All images in C2 are stored in a "16bit" format.
What this means is that each pixel of the final image is stored in 16 bits (aka 2 bytes, aka 1 "word").
The 16 bit boundary is something imposed by the underlying computer architecture that "likes" to operate on values that are powers of two( 2,4,8,16,32,64,128...1024...).Those values will most likely be familiar to you as they're found all over the computer world ( memory sizes, connection speeds...)

The problem is that 16 is not easily divided into 3 equal parts for storing red, blue and green values for each pixel.
Two common approaches were thus retained for storing those 3 components in 16 bit fields :
  • The "555" approach, means "5 bits for red, 5 bits for green,5 bits for blue". this wastes one bit (the leftmost one) that is always set to 0, and therefore fits 16bit entries.
  • The "565" approach means "5 bits for red, 6 bits for green,5 bits for blue" , this doesn't readily waste any bits to fall on the 16 bits per entry boundary, but seems to provide the "green" channel additional range compared to the other components.We will end up wasting that additional range anyway by never using those values. 
Each pixel is stored on 16 bits


If you are wondering about those wasted bits, yes it remains much more efficient to waste that one bit for each pixel rather than trying to pack those values more tightly and having them not fall on proper power of two boundaries  your computer's processor is designed to manipulate.

Those two methods for storing RGB data using 16 bits for each pixel are nothing Creatures specific, actually this is the exact method used to store image data inside 16bit BMP files.
We will come back to this as a conclusion, but for now let's just fire up python and parse a .s16 file to extract its data.

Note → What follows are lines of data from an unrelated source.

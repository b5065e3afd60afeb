-- ===== src/Hub/Control/Console.antt =====
-- A line typed at the console.
use native.Mathlib.Numerals.{add-one}
use sensaurus.Prelude.{
  ℕ, ◌+◌, ◌<◌, ◌≤◌, ◌≡◌, refl, sym, ap, ◌∙◌, arith, false, ◌||◌, List, [], ◌∷◌, ◌++◌, append_assoc,
  append-nil, Option, none, some, set, take, take-set-suc, take-all, take-append_le, length,
  length-append, length-set, All, ltb, ltb→lt, ◌==◌, Bool-cases, Option-cases, inl, inr, Text, min,
}
use sensaurus.CText.{c_str}
use sensaurus.CText.Number.{Printer}
use sensaurus.CText.Copy.{IsText, IsText-take, c_str-set}
use sensaurus.CheckStream.Buffer.{IsLineByte}
use sensaurus.ProcessingQueue.{QueueItem, Fifo}
use sensaurus.Hub.Control.{
  Control, no_doc, Build, run_command, process_byte_from_computer, type_bytes,
}

-- The buffer and the index once the characters of `line` have been typed.
record Typed (line message : List ℕ) (index : ℕ) : Type 0 where
  size : length message ≡ 40
  index_is : index ≡ min 39 (length line)
  holds : take index message ≡ take 39 line

Typed-stored :
    (line message : List ℕ) (index c : ℕ)
    → Typed line message index
    → index < 39
    → Typed (line ++ c ∷ []) (set message index c) (index + 1)
Typed-stored line message index c w short =
    let fits : length line < 39 = omega (arith, w.index_is) in
    let whole : take 39 line ++ c ∷ [] ≡ take 39 (line ++ c ∷ []) =
      ap (λ t. t ++ c ∷ []) (take-all 39 line (omega arith))
      ∙ sym (take-all 39 (line ++ c ∷ []) (omega (arith, length-append line (c ∷ [])))) in
    record {
      size = length-set message index c ∙ w.size;
      index_is = omega (arith, w.index_is, length-append line (c ∷ []));
      holds =
          rw add-one (take-set-suc index message c (omega (arith, w.size)))
          ∙ ap (λ t. t ++ c ∷ []) w.holds
          ∙ whole;
    }

Typed-full :
    (line message : List ℕ) (index c : ℕ)
    → Typed line message index
    → 39 ≤ index
    → Typed (line ++ c ∷ []) message index
Typed-full line message index c w full =
    let at_end : 39 ≤ length line = omega (arith, w.index_is) in
    record {
      size = w.size;
      index_is = omega (arith, w.index_is, length-append line (c ∷ []));
      holds = w.holds ∙ sym (take-append_le 39 line (c ∷ []) at_end);
    }

line-IsText : (line : Text) → All IsLineByte line → IsText line
line-IsText [] h = tt
line-IsText (c ∷ line) h = (h.0.not_nul, line-IsText line h.1)

module _ {Float : Type 0} (f : Fifo QueueItem) (p : Printer) (dec : ℕ → Text)
    (build : Build Float) where
  -- The state with another buffer and index.
  abbrev pub typing : Control Float f.Queue → List ℕ → ℕ → Control Float f.Queue
  typing s message index = record s { console_message = message; console_message_index = index }

  type_line :
      (s : Control Float f.Queue) (line more message : List ℕ) (index : ℕ)
      → All IsLineByte more
      → Typed line message index
      → (message' : List ℕ) × (index' : ℕ) × (type_bytes f p dec build
            (typing s message index)
            (more ++ 13 ∷ [])
          ≡ type_bytes f p dec build (typing s message' index') (13 ∷ []))
        × Typed (line ++ more) message' index'
  unfolding type_bytes process_byte_from_computer
  type_line s line [] message index h w = (message, index, refl, rw (append-nil line) w)
  type_line s line (c ∷ more) message index h w =
      let other : (c == 10 || c == 13) ≡ false = ground (arith, h.0.not_cr, h.0.not_lf) in
      elim (Bool-cases (ltb index 39)) [
        | inl short ↦
            let (message', index', steps, w') =
              type_line s (line ++ c ∷ []) more (set message index c) (index + 1) h.1
                (Typed-stored line message index c w (ltb→lt _ _ short)) in
            (
              message',
              index',
              rw (type_bytes, process_byte_from_computer, other, short) steps,
              rw (append_assoc line (c ∷ []) more) at w',
            )
        | inr full ↦
            let (message', index', steps, w') =
              type_line s (line ++ c ∷ []) more message index h.1
                (Typed-full line message index c w (ground arith)) in
            (
              message',
              index',
              rw (type_bytes, process_byte_from_computer, other, full) steps,
              rw (append_assoc line (c ∷ []) more) at w',
            )
      ]

  -- What a command leaves, with the console's buffer empty again.
  abbrev pub line_done : Option (Control Float f.Queue) → Option (Control Float f.Queue)
  line_done none = none
  line_done (some t) = some (record t { console_message_index = 0 })

  line_ends :
      (s : Control Float f.Queue) (line message : List ℕ) (index : ℕ)
      → All IsLineByte line
      → 0 < length line
      → Typed line message index
      → type_bytes f p dec build (typing s message index) (13 ∷ [])
        ≡ line_done
            (run_command f p dec build (typing s (set message index 0) index) (take 39 line) no_doc)
  unfolding type_bytes process_byte_from_computer
  line_ends s line message index h some_typed w =
      let pos : (index == 0) ≡ false = ground (arith, w.index_is) in
      let text : c_str (set message index 0) ≡ take 39 line =
        c_str-set index message (omega (arith, w.index_is, w.size))
          (rw w.holds (IsText-take 39 line (line-IsText line h)))
        ∙ w.holds in
      elim (Option-cases
        (run_command f p dec build (typing s (set message index 0) index) (take 39 line) no_doc)) [
          | inl fault ↦ rw (type_bytes, process_byte_from_computer, pos, text, fault)
          | inr (t, ran) ↦ rw (type_bytes, process_byte_from_computer, pos, text, ran)
        ]

  -- A line of at least one character, without NULs and line ends, typed at the console with its
  -- line end while the console's buffer is empty, is run as a command, with no document, and the
  -- buffer is empty again. Of a longer line the first 39 characters are the command.
  pub type_bytes_line :
      (s : Control Float f.Queue) (line : List ℕ)
      → All IsLineByte line
      → 0 < length line
      → length s.console_message ≡ 40
      → s.console_message_index ≡ 0
      → (message : List ℕ) × (index : ℕ) × (type_bytes f p dec build s (line ++ 13 ∷ [])
          ≡ line_done (run_command f p dec build (typing s message index) (take 39 line) no_doc))
  type_bytes_line s line h some_typed size empty =
      let start : Typed [] s.console_message s.console_message_index = record {
        size = size;
        index_is = empty;
        holds = rw empty;
      } in
      let (message, index, steps, w) =
        type_line s [] line s.console_message s.console_message_index h start in
      (set message index 0, index, steps ∙ line_ends s line message index h some_typed w)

Parsing an actual .s16 file

 As we've seen in a previous article, the "History" folder of the C2 game contains files named "Photo_XXX.s16", where XXXX is any creature's 4 character moniker.
Those are where each creatures photo albums are stored.
By parsing those files we can get those pictures out, which might be useful for a lot of things, such as browsing a creature's photo album even after it's death.(also think about how automatically extracting files and putting them in neatly organised directories could save you much time while designing a new creatures breed)

We won't even have to dive into the ugly bit level stuff early programmers had to deal with.
By using the python "PIL" library, all of the hard stuff is taken care of for us, and reading out a .s16 file images becomes as simple as :

import struct
import Image

def readbyte( readfromfile ):
    return struct.unpack("B",readfromfile.read(1))[0]

def readLong( readfromfile ):
    return struct.unpack("L",readfromfile.read(struct.calcsize("L")))[0]

def readWord( readfromfile ):
    return struct.unpack("H",readfromfile.read(struct.calcsize("H")))[0]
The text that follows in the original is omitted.